Data items —

★ ★ ★ ★ ★

-- ===== src/Storage/SlottedPage/Freed.antt =====
-- A slot is freed: the others stay as they are, and its bytes are dead.
use mo_db.Prelude.{
  ℕ, zero, suc, ◌+◌, ◌≤◌, ◌<◌, ◌≡◌, ◌≢◌, ◌⊎◌, inl, inr, sym, ap, ◌∙◌, arith, leb, leb→le,
  leb-false→lt, ◌==◌, ==_ne, Bool-cases, ne-cases,
}
use mathlib.Core.Path.{subst}
use mo_db.Storage.SlottedPage.{
  Page, subspan, slot_offset, record_offset, record_size, record_capacity, slot_generation,
  write_slot, slot_count, free_start, free_end, live_capacity, free_space, dead_bytes,
}
use mo_db.Storage.SlottedPage.Bytes.{read_u16-cong, read_u16-lt, subspan-cong}
use mo_db.Storage.SlottedPage.Slots.{
  IsEntry, IsSlot, IsPage, IsApart, IsLabelled, IsAged, IsAgedSlot, write_slot-outside,
  write_slot-IsBytePage, write_slot-IsEntry, entry-cong,
}
use mo_db.Storage.SlottedPage.Room.{live_capacity-le}
use mo_db.Storage.SlottedPage.Moved.{last_cases}
use mo_db.Storage.SlottedPage.Reads.{
  IsAlike, missing, missing-IsAlike, present-IsAlike, free_space-IsPage, dead_bytes-IsPage,
  live_capacity-cong,
}
use mo_db.Prelude.{equal_cases}

module _ (p : Page) (w : IsPage p) (slot : ℕ) (there : slot < slot_count p) where
  abbrev g : ℕ
  g = slot_generation p slot

  unfoldable pub freed : Page
  freed = write_slot slot 0 0 0 g p

  same : (i : ℕ) → (i < slot_offset slot) ⊎ (slot_offset slot + 8 ≤ i) → freed i ≡ p i
  unfolding freed
  same i h = write_slot-outside slot 0 0 0 g p i h

  pub freed-header :
      (slot_count freed ≡ slot_count p)
      × (free_start freed ≡ free_start p)
      × (free_end freed ≡ free_end p)
  unfolding slot_count free_start free_end
  freed-header = (
    read_u16-cong freed p 6 (λ i lo hi. same i (inl (omega arith))),
    read_u16-cong freed p 8 (λ i lo hi. same i (inl (omega arith))),
    read_u16-cong freed p 10 (λ i lo hi. same i (inl (omega arith))),
  )

  pub freed-IsLabelled : IsLabelled p freed
  freed-IsLabelled = record { kept = λ i low out. same i (inl (omega arith)) }

  pub freed-IsEntry : IsEntry freed slot 0 0 0 g
  unfolding freed slot_generation
  freed-IsEntry =
      write_slot-IsEntry slot 0 0 0 g p (omega arith) (omega arith) (omega arith)
        (read_u16-lt p (slot_offset slot + 6) w.bytes)

  entry_kept :
      (j : ℕ)
      → j ≢ slot
      → IsEntry freed j
          (record_offset p j)
          (record_size p j)
          (record_capacity p j)
          (slot_generation p j)
  entry_kept j e = entry-cong freed p j (λ i lo hi.
      same i (elim (ne-cases j slot e) [ inl c ↦ inl (omega arith) | inr c ↦ inr (omega arith) ]))

  pub freed-IsAged : IsAged p freed
  freed-IsAged = record {
    count = omega (arith, freed-header.0);
    slot = λ j a. elim (equal_cases j slot) [
      | inl e ↦
          let f : IsEntry freed slot 0 0 0 g = freed-IsEntry in
          subst (IsAgedSlot p freed) (sym e) (inl (f.generation, λ z. f.size))
      | inr e ↦ let k = entry_kept j e in inl (k.generation, λ z. k.size ∙ z)
    ];
  }

  freed-IsSlot : IsSlot freed (free_end freed) slot
  freed-IsSlot =
      let e : IsEntry freed slot 0 0 0 g = freed-IsEntry in
      record {
        generation = λ z. (w.slot slot there).generation (sym e.generation ∙ z);
        free = λ z. (e.offset, e.capacity);
        fits = omega (arith, e.size);
        low = λ z. absurd (z e.size);
        high = omega (arith, e.offset, e.capacity);
      }

  kept-IsSlot : (j : ℕ) → j < slot_count p → j ≢ slot → IsSlot freed (free_end freed) j
  kept-IsSlot j a e =
      let k = entry_kept j e in
      let (count, start, end) = freed-header in
      let v : IsSlot p (free_end p) j = w.slot j a in
      record {
        generation = λ z. v.generation (sym k.generation ∙ z);
        free = λ z. let (x, y) = v.free (sym k.size ∙ z) in (k.offset ∙ x, k.capacity ∙ y);
        fits = omega (arith, k.size, k.capacity, v.fits);
        low = λ z. omega (arith, k.offset, end, v.low (λ u. z (k.size ∙ u)));
        high = omega (arith, k.offset, k.capacity, v.high);
      }

  pair-IsApart :
      (i j : ℕ)
      → i < slot_count freed
      → j < slot_count freed
      → i ≢ j
      → record_size freed i ≢ 0
      → record_size freed j ≢ 0
      → IsApart freed i j
  pair-IsApart i j a b e u v =
      let (count, start, end) = freed-header in
      let f : IsEntry freed slot 0 0 0 g = freed-IsEntry in
      let k = entry_kept i (λ q. u (ap (record_size freed) q ∙ f.size)) in
      let l = entry_kept j (λ q. v (ap (record_size freed) q ∙ f.size)) in
      elim (w.apart i j (omega (arith, a, count)) (omega (arith, b, count)) e (λ z. u (k.size ∙ z))
        (λ z. v (l.size ∙ z))) [
          | inl c ↦ inl (omega (arith, k.offset, k.capacity, l.offset, c))
          | inr c ↦ inr (omega (arith, k.offset, l.capacity, l.offset, c))
        ]

  pub freed-IsPage : IsPage freed
  unfolding freed
  freed-IsPage =
      let (count, start, end) = freed-header in
      record {
        bytes = write_slot-IsBytePage slot 0 0 0 g p w.bytes;
        directory = omega (arith, count, start, w.directory);
        low = omega (arith, start, end, w.low);
        high = omega (arith, end, w.high);
        slot = λ j a. elim (equal_cases j slot) [
          | inl e ↦ subst (IsSlot freed (free_end freed)) (sym e) freed-IsSlot
          | inr e ↦ kept-IsSlot j (omega (arith, a, count)) e
        ];
        apart = pair-IsApart;
      }

  pub freed-IsAlike : (j : ℕ) → j ≢ slot → IsAlike p freed j
  freed-IsAlike j e =
      let (count, start, end) = freed-header in
      let k = entry_kept j e in
      elim (Bool-cases (leb (slot_count p) j)) [
        | inl out ↦
            let b : slot_count p ≤ j = leb→le (slot_count p) j out in
            missing-IsAlike p freed j (missing p j b) (missing freed j (omega (arith, b, count)))
        | inr there' ↦
            let a : j < slot_count p = leb-false→lt (slot_count p) j there' in
            present-IsAlike p freed j a (omega (arith, a, count)) k.size k.generation (λ z.
              ap (λ (x : ℕ). subspan freed x (record_size p j)) k.offset
              ∙ subspan-cong freed p (record_offset p j) (record_size p j) (λ i lo hi.
                same i (inr (omega (arith, there, w.directory, w.low, (w.slot j a).low z)))))
      ]

  -- The sum of the capacities, with and without the slot.
  before_capacity : (n : ℕ) → n ≤ slot → live_capacity n freed ≡ live_capacity n p
  before_capacity n a =
      live_capacity-cong p freed n
        (λ i b. let k = entry_kept i (λ q. omega (arith, q, a, b)) in (k.size, k.capacity))

  live_capacity-freed :
      (n : ℕ)
      → slot < n
      → record_size p slot ≢ 0
      → live_capacity n freed + record_capacity p slot ≡ live_capacity n p
  unfolding live_capacity
  live_capacity-freed zero a live = absurd (omega arith)
  live_capacity-freed (suc n) a live = elim (last_cases slot n a) [
    | inl q ↦
        let f : IsEntry freed slot 0 0 0 g = freed-IsEntry in
        let none_there : record_size freed n ≡ 0 = sym (ap (record_size freed) q) ∙ f.size in
        let live_there : record_size p n ≢ 0 = λ z. live (ap (record_size p) q ∙ z) in
        rw (none_there, ==_ne (record_size p n) 0 live_there)
          (omega (arith, before_capacity n (omega (arith, q)), ap (record_capacity p) q))
    | inr b ↦
        let k = entry_kept n (λ q. omega (arith, q)) in
        let rest = live_capacity-freed n b live in
        rw k.size (elim (Bool-cases (record_size p n == 0)) [
          | inl z ↦ rw z rest
          | inr z ↦ rw z (omega (arith, rest, k.capacity))
        ])
  ]

  pub freed-room :
      record_size p slot ≢ 0
      → free_space freed + dead_bytes freed ≡ free_space p + dead_bytes p + record_capacity p slot
  freed-room live =
      let (count, start, end) = freed-header in
      let q : IsPage freed = freed-IsPage in
      let c : live_capacity (slot_count freed) freed ≡ live_capacity (slot_count p) freed =
        ap (λ (n : ℕ). live_capacity n freed) count in
      omega (
        arith,
        free_space-IsPage p w,
        free_space-IsPage freed q,
        dead_bytes-IsPage p w,
        dead_bytes-IsPage freed q,
        start,
        end,
        c,
        live_capacity-freed (slot_count p) there live,
        live_capacity-le p (slot_count p) w (omega arith),
        w.high,
      )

★ ★ ★ ★ ★

Work instructions —
"IsLabelled" is the string to look for; please copy every line of the records above where it appears.

Problem solution —
  IsEntry, IsSlot, IsPage, IsApart, IsLabelled, IsAged, IsAgedSlot, write_slot-outside,
  pub freed-IsLabelled : IsLabelled p freed
  freed-IsLabelled = record { kept = λ i low out. same i (inl (omega arith)) }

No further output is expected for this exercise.